----- RAW DATA

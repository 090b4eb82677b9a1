-- ===== src/Smr/Book/Updates.antt =====
-- `Book::update` of an order that rests.
use mathlib.Core.Path.{fun_ext}
use hi_perf_cmp.Prelude.{
  ℕ, ◌+◌, ◌%◌, ◌^◌, ◌<◌, ◌≡◌, ◌∙◌, refl, ap, some, arith, ◌==◌, ◌&&◌, if◌then◌else◌, length,
  length-set,
}
use hi_perf_cmp.Prelude.Run.{Run, ok}
use hi_perf_cmp.Prelude.Word.{add64, sub64, min_i64}
use hi_perf_cmp.Smr.Level.{Order, PriceLevel}
use hi_perf_cmp.Smr.Book.{Book, lane, update}
use hi_perf_cmp.Smr.Book.View.{View, view, Rests, Ghost, IsLinked, rests_lt}
use hi_perf_cmp.Smr.Book.Totals.{IsTotalled, total, total_change, open_qty, one_order}
use hi_perf_cmp.Smr.Book.Vacant.{IsListed}
use hi_perf_cmp.Smr.Book.Access.{
  put_order, put_level, place, tick_of-ok, order-ok, order_mut-ok, level_mut-ok, at-put_order,
  level-put_level, lengths-put_level,
}
use hi_perf_cmp.Smr.Book.Best.{heads-BestBid, heads-BestAsk}
use hi_perf_cmp.Smr.Book.InsertRuns.{IsBook, length-lane}

-- What a partial fill adds to `filled`, and takes from the level.
abbrev pub added : Order → ℕ → ℕ
added o fill_qty = min_i64 fill_qty (sub64 o.qty o.filled)

-- An order that is filled further by `add`.
abbrev pub further : Order → ℕ → Order
further o add = record o { filled = add64 o.filled add }

-- What leaves the order leaves the level.
moved :
    (t0 t1 q f a : ℕ)
    → q < 2 ^ 64
    → f < 2 ^ 64
    → a < 2 ^ 64
    → t1 + sub64 q f ≡ t0 + sub64 q (add64 f a)
    → sub64 (t0 % 2 ^ 64) a ≡ t1 % 2 ^ 64
moved t0 t1 q f a hq hf ha e = omega arith

module _ {g : Ghost} {b : Book} (w : IsBook g b) (slot fill_qty : ℕ) (rests : Rests (view b) slot)
    (fits : fill_qty < 2 ^ 64) where
  abbrev o : Order
  o = (view b).at slot

  abbrev t : ℕ
  t = g.lev slot

  abbrev add : ℕ
  add = added o fill_qty

  abbrev lower : PriceLevel
  lower = let l = (view b).level o.side t in record l { qty_total = sub64 l.qty_total add }

  abbrev filled_book : Book
  filled_book = put_order b slot (further o add)

  abbrev pub after_update : Book
  after_update = put_level filled_book o.side t lower

  in_pool : slot < length b.pool
  in_pool = omega (arith, rests_lt w.links slot rests, w.links.hwm_le)

  two : o.side < 2
  two = w.links.side slot rests

  placed : (place b.price_min b.tick o.price ≡ some t) × (t < b.n_levels)
  placed = w.links.placed slot rests

  lane_ok : t < length (lane o.side b)
  lane_ok = rw (length-lane w o.side) placed.1

  pub at_update :
      (j : ℕ) → (view after_update).at j ≡ (if slot == j then further o add else (view b).at j)
  at_update j = at-put_order b slot j (further o add) in_pool

  pub level_update :
      (z u : ℕ)
      → (view after_update).level z u
        ≡ (if (o.side == z) && (t == u) then lower else (view b).level z u)
  level_update z u = level-put_level filled_book o.side t z u lower lane_ok two

  abbrev v' : View
  v' = record (view b) {
    at = λ j. if slot == j then further o add else (view b).at j;
    level = λ z u. if (o.side == z) && (t == u) then lower else (view b).level z u;
  }

  pub view-after : view after_update ≡ v'
  view-after i = record {
    at = fun_ext at_update i;
    level = fun_ext (λ z. fun_ext (level_update z)) i;
    cap = length-set b.pool slot (further o add) i;
    hwm = b.hwm;
    free_head = b.free_head;
    idmap = b.idmap;
  }

  update_lem : (id : ℕ) → b.idmap id ≡ some slot → update id fill_qty b ≡ ok tt after_update
  unfolding update
  update_lem id here =
      rw
        (
          here,
          order-ok b slot in_pool,
          order_mut-ok b slot (λ p. record p { filled = add64 p.filled add }) in_pool,
          tick_of-ok filled_book o.price placed.0,
          level_mut-ok filled_book o.side t _ two lane_ok,
        )
        refl

  upd-IsLinked : IsLinked (place b.price_min b.tick) b.n_levels g v'
  upd-IsLinked = record {
    cap = w.links.cap;
    hwm_le = w.links.hwm_le;
    fresh = λ s h. ground (arith, w.links.fresh s);
    id_rests = λ i s h. ground (arith, w.links.id_rests i s);
    rests_id = λ s h. ground (arith, w.links.rests_id s);
    side = λ s h. ground (arith, w.links.side s);
    placed = λ s h. ground (arith, w.links.placed s);
    age = λ s h. ground (arith, w.links.age s);
    next = λ s h k. ground (arith, w.links.next s);
    prev = λ s h k. ground (arith, w.links.prev s);
    tail = λ s h k. ground (arith, w.links.tail s);
    head = λ s h k. ground (arith, w.links.head s);
    level_head = λ z u h k m. ground (arith, w.links.level_head z u);
    level_tail = λ z u h k m. ground (arith, w.links.level_tail z u);
    ends = λ z u h k. ground (arith, w.links.ends z u);
    free_head = λ h. ground (arith, w.links.free_head);
    free_next = λ s h k m. ground (arith, w.links.free_next s);
    free_inj = λ s r h k m p q x. ground (arith, w.links.free_inj s r);
  }

  upd-IsListed : IsListed v'
  upd-IsListed = record {
    pred = w.free.pred;
    stamp = w.free.stamp;
    clock = w.free.clock;
    reached = λ s h k m. ground (arith, w.free.reached s);
    stamped = λ s h k. ground (arith, w.free.stamped s);
  }

  upd_open :
      (z u : ℕ)
      → total (open_qty v' g z u) (length b.pool) + open_qty (view b) g z u slot
        ≡ total (open_qty (view b) g z u) (length b.pool) + open_qty v' g z u slot
  upd_open z u =
      total_change (open_qty (view b) g z u) (open_qty v' g z u) slot (length b.pool) in_pool
        (λ j k. ground arith)

  upd_one :
      (z u : ℕ)
      → total (one_order v' g z u) (length b.pool) + one_order (view b) g z u slot
        ≡ total (one_order (view b) g z u) (length b.pool) + one_order v' g z u slot
  upd_one z u =
      total_change (one_order (view b) g z u) (one_order v' g z u) slot (length b.pool) in_pool
        (λ j k. ground arith)

  add_fits : add < 2 ^ 64
  add_fits = ground arith

  upd-IsTotalled : IsTotalled b.n_levels g v'
  upd-IsTotalled = record {
    qty_fits = λ s. ground (arith, w.totals.qty_fits s);
    filled_fits = λ s. ground (arith, w.totals.filled_fits s);
    qty = λ z u h k. ground (
      arith,
      w.totals.qty z u,
      upd_open z u,
      moved (total (open_qty (view b) g z u) (length b.pool))
          (total (open_qty v' g z u) (length b.pool)) o.qty o.filled add (w.totals.qty_fits slot)
          (w.totals.filled_fits slot) add_fits,
    );
    count = λ z u h k. ground (arith, w.totals.count z u, upd_one z u);
  }

  heads : (z u : ℕ) → ((view after_update).level z u).head ≡ ((view b).level z u).head
  heads z u = ap (λ v. (v.level z u).head) view-after ∙ ground arith

  after-IsBook : IsBook g after_update
  after-IsBook = record {
    links = rw view-after upd-IsLinked;
    free = rw view-after upd-IsListed;
    totals = rw view-after upd-IsTotalled;
    bids_length = (lengths-put_level filled_book o.side t lower).0 ∙ w.bids_length;
    asks_length = (lengths-put_level filled_book o.side t lower).1 ∙ w.asks_length;
    few_levels = w.few_levels;
    bid = heads-BestBid heads w.bid;
    ask = heads-BestAsk heads w.ask;
  }

-- What `update` leaves: the order filled further by the smaller of the fill and what was open of it,
-- and every other order as it was.
pub record Updated (g : Ghost) (b : Book) (slot fill_qty : ℕ) (r : Run Book (Unit {0}))
    : Type 0 where
  pub b' : Book
  pub returns : r ≡ ok tt b'
  pub book : IsBook g b'
  pub idmap : b'.idmap ≡ b.idmap
  pub orders :
      (j : ℕ)
      → (view b').at j ≡ (
          if slot == j
          then further ((view b).at slot) (added ((view b).at slot) fill_qty)
          else (view b).at j)

-- `update` of an order that rests returns. It fills the order by the smaller of the fill and what was
-- open of it, takes as much from the quantity of its level, and changes no other order; links, id-map,
-- free list, level sums and best prices hold again.
pub update-Updated :
    (g : Ghost) (b : Book) (id slot fill_qty : ℕ)
    → IsBook g b
    → b.idmap id ≡ some slot
    → fill_qty < 2 ^ 64
    → Updated g b slot fill_qty (update id fill_qty b)
update-Updated g b id slot fill_qty w here fits =
    let found = w.links.id_rests id slot here in
    let rests : Rests (view b) slot = ground (arith, found) in
    record {
      b' = after_update w slot fill_qty rests fits;
      returns = update_lem w slot fill_qty rests fits id here;
      book = after-IsBook w slot fill_qty rests fits;
      idmap = refl;
      orders = at_update w slot fill_qty rests fits;
    }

----------

EXERCISE DIRECTIONS: Wherever the word "IsListed" turns up in the records, copy out the line it is on.

EXERCISE OUTPUT:
use hi_perf_cmp.Smr.Book.Vacant.{IsListed}
  upd-IsListed : IsListed v'
  upd-IsListed = record {
    free = rw view-after upd-IsListed;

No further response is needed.